A cheval entre les segments

Avec le Purosangue, Ferrari ne lance pas son ­premier SUV sur le marché. Maranello préfère voir dans sa première quatre-portes un nouveau genre de véhicule.

Le mot interdit, ce jeudi 8 septembre à Maranello, était «SUV». Les hommes de Ferrari l’évitent autant que possible et l’articulent du bout des lèvres pour marteler que, non, le Purosangue n’en est pas un. Le Cheval cabré sait qu’il est attendu au tournant et que les dégâts d’image peuvent être grands. «Les SUV sont des véhicules qui souffrent de roulis, ce ne sont pas des voitures de sport.
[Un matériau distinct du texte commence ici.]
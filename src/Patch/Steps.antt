-- ===== src/Patch/Steps.antt =====
-- internal/tooling/patch.go: what the steps of commit do to one staged change and to the files.
use text.Mathlib.Text.{◌==◌ as str_eq}
use alt_tui.Prelude.{
  ℕ, suc, ◌≤◌, String, ◌≡◌, refl, sym, ◌⊎◌, inl, inr, Option, none, some, Bool, true, false, not,
  ◌&&◌, arith, eq_iff, Bool-cases, Option-cases, subst,
}
use alt_tui.Patch.{
  Node, Disk, put, called, StagedChange, Stat, present, absent, unreadable, has_path, blocks,
  rename, lstat, move, Outcome, set_old_aside, set_new_aside, set_found_aside, old_kept, new_kept,
}
use alt_tui.Patch.Effects.{Aside}

module _ (faults : ℕ → Bool) (backup_path : ℕ → String → String) where
  -- nothing stands at a backup that is yet to be drawn
  abbrev pub IsFresh : Disk → Type 0
  IsFresh d = (n : ℕ) (p : String) → d.drawn ≤ n → d.nodes (backup_path n p) ≡ none

  -- the path is no backup
  abbrev pub IsApart : String → Type 0
  IsApart p = (n : ℕ) (q : String) → str_eq p (backup_path n q) ≡ false

  abbrev pub IsBackup : String → Type 0
  IsBackup b = (b ≡ "") ⊎ ((n : ℕ) × (p : String) × (b ≡ backup_path n p))

  -- a rename, by what it did
  pub data Renamed (a b : String) (d : Disk) : Disk × Bool → Type 0 where
    unmoved : Renamed a b d (called d, false)
    moved_to :
        (n : Node)
        → d.nodes a ≡ some n
        → Renamed a b d (record (called d) { nodes = put b (some n) (put a none d.nodes) }, true)

  move-Renamed :
      (a b : String) (d : Disk) (o : Option Node)
      → d.nodes a ≡ o
      → Renamed a b d (move faults backup_path a b d o)
  move-Renamed a b d none e = unmoved
  move-Renamed a b d (some n) e = elim (Bool-cases (blocks (some n) (d.nodes b))) [
    | inl i ↦ rw i unmoved
    | inr i ↦ rw i (moved_to n e)
  ]

  pub rename-Renamed : (a b : String) (d : Disk) → Renamed a b d (rename faults backup_path a b d)
  unfolding rename
  rename-Renamed a b d = elim (Bool-cases (faults d.calls)) [
    | inl e ↦ rw e unmoved
    | inr e ↦ rw e (move-Renamed a b d (d.nodes a) refl)
  ]

  -- a change as it was staged
  -- whose paths are none of `temporary`
  pub record IsStaged (temporary : String → Bool) (x : StagedChange) : Type 0 where
    pub old_moved : x.old_moved ≡ false
    pub new_moved : x.new_moved ≡ false
    pub new_written : x.new_written ≡ false
    pub old_backup : x.old_backup ≡ ""
    pub new_backup : x.new_backup ≡ ""
    pub apart_old : IsApart x.plan.old_path
    pub apart_new : IsApart x.plan.new_path
    pub apart_temp : IsApart x.temp_path
    pub away_old : temporary x.plan.old_path ≡ false
    pub away_new : temporary x.plan.new_path ≡ false
    pub published_to : x.plan.is_delete ≡ false → has_path x.plan.new_path ≡ true
    pub published_from : x.plan.is_delete ≡ false → has_path x.temp_path ≡ true

  pub record OldAside (x : StagedChange) (d : Disk) (o : Outcome faults backup_path) : Type 0 where
    pub change : o.0 ≡ record x { old_backup = o.0.old_backup; old_moved = o.0.old_moved }
    pub named : IsBackup o.0.old_backup
    pub aside : Aside o.0.old_moved x.plan.old_path o.0.old_backup d.nodes o.1.nodes
    pub fresh : IsFresh o.1
    pub cleared : o.2 ≡ true → has_path x.plan.old_path ≡ true → o.1.nodes x.plan.old_path ≡ none

  pub record NewAside (x : StagedChange) (d : Disk) (o : Outcome faults backup_path) : Type 0 where
    pub change : o.0 ≡ record x { new_backup = o.0.new_backup; new_moved = o.0.new_moved }
    pub named : IsBackup o.0.new_backup
    pub aside : Aside o.0.new_moved x.plan.new_path o.0.new_backup d.nodes o.1.nodes
    pub fresh : IsFresh o.1
    pub cleared : o.2 ≡ true → has_path x.plan.new_path ≡ true → o.1.nodes x.plan.new_path ≡ none

  module _ (distinct : (m n : ℕ) (p q : String) → backup_path m p ≡ backup_path n q → m ≡ n) where
    -- a file is moved to a new backup, or nothing happens
    pub record SetAside (a b : String) (d : Disk) (moved : Bool) (e : Disk) : Type 0 where
      pub aside : Aside moved a b d.nodes e.nodes
      pub fresh : IsFresh e
      pub cleared : moved ≡ true → e.nodes a ≡ none

    set_aside :
        (a : String) (d : Disk) (r : Disk × Bool)
        → IsFresh d
        → IsApart a
        → Renamed a (backup_path d.drawn a) (record d { drawn = suc d.drawn }) r
        → SetAside a (backup_path d.drawn a) d r.1 r.0
    set_aside a d r fresh apart unmoved = record {
      aside = refl;
      fresh = λ n p le. fresh n p (omega (arith, le));
      cleared = λ m. absurd (ground (arith, m));
    }
    set_aside a d r fresh apart (moved_to n at) = record {
      aside = (n, at, fresh d.drawn a (omega arith), apart d.drawn a, refl);
      fresh = λ m p le.
          let other : str_eq (backup_path d.drawn a) (backup_path m p) ≡ false =
            elim (Bool-cases (str_eq (backup_path d.drawn a) (backup_path m p))) [
              | inl e ↦
                  let same : d.drawn ≡ m =
                    distinct d.drawn m a p
                      ((eq_iff (backup_path d.drawn a) (backup_path m p)).0 e) in
                  absurd (omega (arith, le, same))
              | inr e ↦ e
            ] in
          rw (other, apart m p) (fresh m p (omega (arith, le)));
      cleared = λ m. ground (
        arith,
        eq_iff (backup_path d.drawn a) a,
        eq_iff a (backup_path d.drawn a),
        apart d.drawn a,
        (eq_iff a a).1 refl,
      );
    }

    old_kept-OldAside :
        {temporary : String → Bool} (x : StagedChange) (d : Disk) (r : Disk × Bool)
        → IsStaged temporary x
        → SetAside x.plan.old_path (backup_path d.drawn x.plan.old_path) d r.1 r.0
        → OldAside x d (
            old_kept faults backup_path
              (record x { old_backup = backup_path d.drawn x.plan.old_path })
              r)
    old_kept-OldAside x d (e, true) staged h = record {
      change = refl;
      named = inr (d.drawn, x.plan.old_path, refl);
      aside = h.aside;
      fresh = h.fresh;
      cleared = λ go has. h.cleared go;
    }
    old_kept-OldAside x d (e, false) staged h = record {
      change = refl;
      named = inr (d.drawn, x.plan.old_path, refl);
      aside =
          subst (λ b. Aside b x.plan.old_path (backup_path d.drawn x.plan.old_path) d.nodes e.nodes)
            (sym staged.old_moved) h.aside;
      fresh = h.fresh;
      cleared = λ go has. h.cleared go;
    }

    pub set_old_aside-OldAside :
        {temporary : String → Bool} (x : StagedChange) (d : Disk)
        → IsStaged temporary x
        → IsFresh d
        → OldAside x d (set_old_aside faults backup_path x d)
    unfolding set_old_aside
    set_old_aside-OldAside x d staged fresh = elim (Bool-cases (has_path x.plan.old_path)) [
      | inl e ↦ rw e (
          old_kept-OldAside x d
            (rename faults backup_path x.plan.old_path (backup_path d.drawn x.plan.old_path)
              (record d { drawn = suc d.drawn }))
            staged
            (set_aside x.plan.old_path d _ fresh staged.apart_old (
              rename-Renamed x.plan.old_path (backup_path d.drawn x.plan.old_path)
                (record d { drawn = suc d.drawn }))))
      | inr e ↦ rw e (record {
        change = refl;
        named = inl staged.old_backup;
        aside =
            subst (λ b. Aside b x.plan.old_path x.old_backup d.nodes d.nodes) (sym staged.old_moved)
              refl;
        fresh = fresh;
        cleared = λ go has. absurd (ground (arith, has, e));
      })
    ]

    new_kept-NewAside :
        (x : StagedChange) (d : Disk) (r : Disk × Bool)
        → x.new_moved ≡ false
        → SetAside x.plan.new_path (backup_path d.drawn x.plan.new_path) d r.1 r.0
        → NewAside x d (
            new_kept faults backup_path
              (record x { new_backup = backup_path d.drawn x.plan.new_path })
              r)
    new_kept-NewAside x d (e, true) unmoved' h = record {
      change = refl;
      named = inr (d.drawn, x.plan.new_path, refl);
      aside = h.aside;
      fresh = h.fresh;
      cleared = λ go has. h.cleared go;
    }
    new_kept-NewAside x d (e, false) unmoved' h = record {
      change = refl;
      named = inr (d.drawn, x.plan.new_path, refl);
      aside =
          subst (λ b. Aside b x.plan.new_path (backup_path d.drawn x.plan.new_path) d.nodes e.nodes)
            (sym unmoved') h.aside;
      fresh = h.fresh;
      cleared = λ go has. h.cleared go;
    }

    still_NewAside :
        (x : StagedChange) (d e : Disk) (go : Bool)
        → x.new_moved ≡ false
        → x.new_backup ≡ ""
        → e.nodes ≡ d.nodes
        → IsFresh e
        → (go ≡ true → has_path x.plan.new_path ≡ true → e.nodes x.plan.new_path ≡ none)
        → NewAside x d (x, e, go)
    still_NewAside x d e go unmoved' unnamed same fresh cleared = record {
      change = refl;
      named = inl unnamed;
      aside = subst (λ b. Aside b x.plan.new_path x.new_backup d.nodes e.nodes) (sym unmoved') same;
      fresh = fresh;
      cleared = cleared;
    }

    found-NewAside :
        (x : StagedChange) (d : Disk) (s : Stat)
        → x.new_moved ≡ false
        → x.new_backup ≡ ""
        → IsApart x.plan.new_path
        → IsFresh d
        → (s ≡ absent → d.nodes x.plan.new_path ≡ none)
        → NewAside x d (set_found_aside faults backup_path x d s)
    found-NewAside x d absent m b apart fresh seen =
        still_NewAside x d d true m b refl fresh (λ go has. seen refl)
    found-NewAside x d unreadable m b apart fresh seen =
        still_NewAside x d d false m b refl fresh (λ go. absurd (ground (arith, go)))
    found-NewAside x d present m b apart fresh seen =
        new_kept-NewAside x d
          (rename faults backup_path x.plan.new_path (backup_path d.drawn x.plan.new_path)
            (record d { drawn = suc d.drawn }))
          m
          (set_aside x.plan.new_path d _ fresh apart (
            rename-Renamed x.plan.new_path (backup_path d.drawn x.plan.new_path)
              (record d { drawn = suc d.drawn })))

    NewAside-called :
        (x : StagedChange) (d : Disk) (o : Outcome faults backup_path)
        → NewAside x (called d) o
        → NewAside x d o
    NewAside-called x d o h = record {
      change = h.change;
      named = h.named;
      aside = h.aside;
      fresh = h.fresh;
      cleared = h.cleared;
    }

    lstat_absent :
        (p : String) (d : Disk) → (lstat faults backup_path p d).1 ≡ absent → d.nodes p ≡ none
    unfolding lstat
    lstat_absent p d e = elim (Bool-cases (faults d.calls)) [
      | inl i ↦ absurd (grind (arith, i, e))
      | inr i ↦ elim (Option-cases (d.nodes p)) [
        | inl j ↦ j
        | inr (n, j) ↦ absurd (grind (arith, i, e, j))
      ]
    ]

    pub set_new_aside-NewAside :
        (x : StagedChange) (d : Disk)
        → x.new_moved ≡ false
        → x.new_backup ≡ ""
        → IsApart x.plan.new_path
        → IsFresh d
        → (str_eq x.plan.new_path x.plan.old_path ≡ true
            → has_path x.plan.new_path ≡ true
            → d.nodes x.plan.new_path ≡ none)
        → NewAside x d (set_new_aside faults backup_path x d)
    unfolding set_new_aside lstat
    set_new_aside-NewAside x d m b apart fresh same_cleared =
        elim (Bool-cases
          (has_path x.plan.new_path && not (str_eq x.plan.new_path x.plan.old_path))) [
            | inr e ↦ rw e (
                still_NewAside x d d true m b refl fresh
                  (λ go has. same_cleared (ground (arith, e, has)) has))
            | inl e ↦ rw e (
                NewAside-called x d _ (
                  found-NewAside x (called d) (lstat faults backup_path x.plan.new_path d).1 m b
                    apart (λ n p le. fresh n p le) (lstat_absent x.plan.new_path d)))
          ]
Pour ces raisons, Sergio Marchionne (ndr: l’ancien grand patron de FCA et Ferrari) a affirmé ne pas vouloir d’un SUV, lorsqu’il a lancé le projet en 2017, rappelle Enrico Galliera, directeur du marketing chez Ferrari. Voilà pourquoi nous sommes très attentifs à ce que le Purosangue ne soit pas appelé ainsi.» D’accord, mais le Purosangue, c’est quoi alors? «Une voiture de sport de plus grandes dimensions, continue Enrico Galliera. Le Purosangue inaugure un segment à part entière.» Toutefois, Galliera reconnaît que l’étalon ira chasser sur les terres du Lamborghini Urus, Porsche Cayenne et Aston Martin DBX… soit des SUV, à part entière. Comprenne qui peut… 

Inéluctable

«Oui, que Ferrari arrive un jour avec un tel véhicule était inévitable, poursuit Enrico Galliera, répondant aux questions des journalistes. Toutefois, nous l’avons fait seulement quand nous étions en mesure de proposer un véhicule digne de Ferrari.» Ce cahier des charges, cherchant à concilier l’inconciliable est arrivé sur le bureau de Michael Leiters, ancien directeur technique de Ferrari. C’est aujourd’hui Gianmaria Fulgenzi, son successeur depuis fin 2021, qui a hérité des phases finales du développement: «Ce fut un défi monumental de faire du Purosangue une véritable Ferrari», reconnaît l’Italien. Les hommes du Cavallino ont notamment dû mettre au point, avec le concours de Bosch, une inédite suspension activée par des moteurs électriques. 

C’est également dans cet esprit que Ferrari lui a octroyé son moteur le plus emblématique, le V12. Cette cathédrale mécanique développe 725 ch sur le Purosangue, une puissance colossale propulsant le crossover – appelons-le comme ça – de 0 à 100 km/h en 3 secondes et jusqu’à 310 km/h en pointe. Plus que les performances brutes, les ingénieurs de Ferrari ont concentré leurs efforts sur le couple: 80% des 740 Nm maximum déboulent dès 2100 tr/min. Cette force considérable ne sera pas de trop, le Purosangue devant déplacer une masse de 2033 kg, soit environ 2200 kg à vide. Le crossover décroche ainsi le titre peu enviable de Ferrari la plus lourde jamais construite. 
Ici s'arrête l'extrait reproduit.